Quienes me conocen personalmente saben que, al margen de mis compromisos docentes y laborales, siempre me ha gustado desaparecer de cualquier ambiente durante largas temporadas, ya sea por cambiar de ciudad o incluso de barrio (cuando he residido en alguna urbe), y no siempre por motivos profesionales  o afectivos.  
                                           

Y no se me ocurrió vacunar este medio de comunicación a mi inquieto afán de emular a los ojos del Guadiana (ese río peninsular cuyo nacimiento emerge de improviso en distintos tramos), pero si bien dejé sin actividad mi primer intento por abrir este blog (al haber olvidado mi antigua contraseña), intentaré rectificar ese abandono, y nada mejor que hacer coincidir tal reaparición con el inicio del veranillo  de san Martín, tras las celebraciones de la última fiesta de las cosechas en el calendario celta –y tiempo del inicio de la matanza del cerdo doméstico en el medio rural hasta un pasado reciente en el hemisferio norte–, que en la cultura china se considera como la estación intermedia,  asociada al elemento Tierra en la teoría de los cinco elementos de su medicina tradicional.

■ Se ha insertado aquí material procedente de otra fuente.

-- ===== src/Ai/Shopping.antt =====
-- `sc_ai_player_buy` of sai/saibuy.c, less its answer, which says only whether the player is a human.
use xscorch.Prelude.{ℕ, Option, none, some}
use xscorch.Prelude.Int.{ℤ}
use xscorch.Ai.{
  RealAiType, human, network, moron, shooter, spreader, annihilater, insanity, random, Shop, Market,
  Judgement,
}
use xscorch.Ai.Buy.{
  buy_last_weapons, buy_auto_defense, buy_contact_triggers, buy_last_shields, buy_batteries,
  buy_shield_sappers, buy_by_statistic, buy_best_shields,
}

-- The buyers run one after the other.
infixl 5 ◌then_buy◌
unfoldable pub ◌then_buy◌ : Option Shop → (Shop → Option Shop) → Option Shop
none then_buy next = none
some s then_buy next = next s

module _ {Score : Type 0} (judgement : Judgement Score) (market : Market) (place : ℤ → ℕ)
    (fuel : ℕ) where
  -- The weapons by the damage they do, by the damage for the price, and by precision.
  abbrev pub buy_weapons_by_score : Shop → Option Shop
  buy_weapons_by_score = buy_by_statistic judgement market place fuel judgement.yield

  abbrev pub buy_weapons_by_weighted_score : Shop → Option Shop
  buy_weapons_by_weighted_score = buy_by_statistic judgement market place fuel judgement.econ_yield

  abbrev pub buy_precision_weapons : Shop → Option Shop
  buy_precision_weapons = buy_by_statistic judgement market place fuel judgement.precision_yield

  unfoldable pub annihilate : Shop → Option Shop
  unfolding ◌then_buy◌
  annihilate s =
      buy_contact_triggers judgement market place fuel
        (record s { budget = judgement.most_of s.p.money })
      then_buy buy_weapons_by_score
      then_buy (λ s'.
          buy_auto_defense judgement market place fuel (record s' { budget = s'.p.money }))
      then_buy buy_best_shields judgement market place fuel
      then_buy buy_batteries judgement market place fuel
      then_buy buy_shield_sappers judgement market place fuel

  -- The buyers of an AI, one after the other; a human buys nothing here.
  unfoldable pub buyers : RealAiType → Shop → Option Shop
  unfolding ◌then_buy◌
  buyers human s = some s
  buyers network s = some s
  buyers random s = some s
  buyers moron s =
      buy_contact_triggers judgement market place fuel s
      then_buy buy_auto_defense judgement market place fuel
      then_buy buy_last_shields judgement market place fuel
      then_buy buy_last_weapons judgement market place fuel
  buyers shooter s =
      buy_contact_triggers judgement market place fuel s
      then_buy buy_auto_defense judgement market place fuel
      then_buy buy_best_shields judgement market place fuel
      then_buy buy_shield_sappers judgement market place fuel
      then_buy buy_weapons_by_weighted_score
  buyers spreader s =
      buy_contact_triggers judgement market place fuel s
      then_buy buy_auto_defense judgement market place fuel
      then_buy buy_best_shields judgement market place fuel
      then_buy buy_weapons_by_score
      then_buy buy_shield_sappers judgement market place fuel
  buyers annihilater s = annihilate s
  buyers insanity s = annihilate s
  buyers _ s =
      buy_contact_triggers judgement market place fuel s
      then_buy buy_auto_defense judgement market place fuel
      then_buy buy_best_shields judgement market place fuel
      then_buy buy_shield_sappers judgement market place fuel
      then_buy buy_precision_weapons
      then_buy buy_batteries judgement market place fuel

  unfoldable pub player_buy : RealAiType → Shop → Option Shop
  unfolding buyers
  player_buy type s = buyers type (record s { budget = judgement.budget s })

                                              


Curiosamente, así como los druidas aconsejaban en sus tribus utilizar para los festejos de Samhain –precedente de la desacralizada fiestas de Halloween– ornamentos de color amarillo y naranja (además del verde, propio del muérdago, que se recolectaba en esas fechas), también en el otro extremo del continente euroasiático se recomendaba el empleo de esos colores para equilibrar el funcionamiento de los órganos encargados del metabolismo de los nutrientes ingeridos y su transformación en energía, con las despensas abastecidas de las cosechas de los campos (cereales y leguminosas) y de las huertas estivales (con frutas y verduras, cocidas con miel o azúcar, secadas, ahumadas o fermentadas), completada con  las vituallas de temporada obtenidas en los bosques  (frutillas rojas, frutos secos y la amplia variedad de hongos otoñales, silvestres o cultivados) y las viandas resultantes de la caza.
                                                  


Es tiempo de calabazas y cítricos y de cosechar los pistilos de las rosas del azafrán –cuyo color tiñe la vestimenta de los santones hindúes y de los mojes budistas así como de  las musas griegas– así como de raíces y tubérculos y de berzas –resistentes a las frías temperaturas que se avecinan– y de cosechar olivas, nueces y almendras, que nos proporcionan la energía y el placer necesarios para avanzar en el tiempo, cuyos orígenes, leyendas, propiedades y versatilidad, me proporcionarán sustancioso material para esta nueva etapa.


Y, recuperando las buenas formas, ¡salud y buenos alimentos!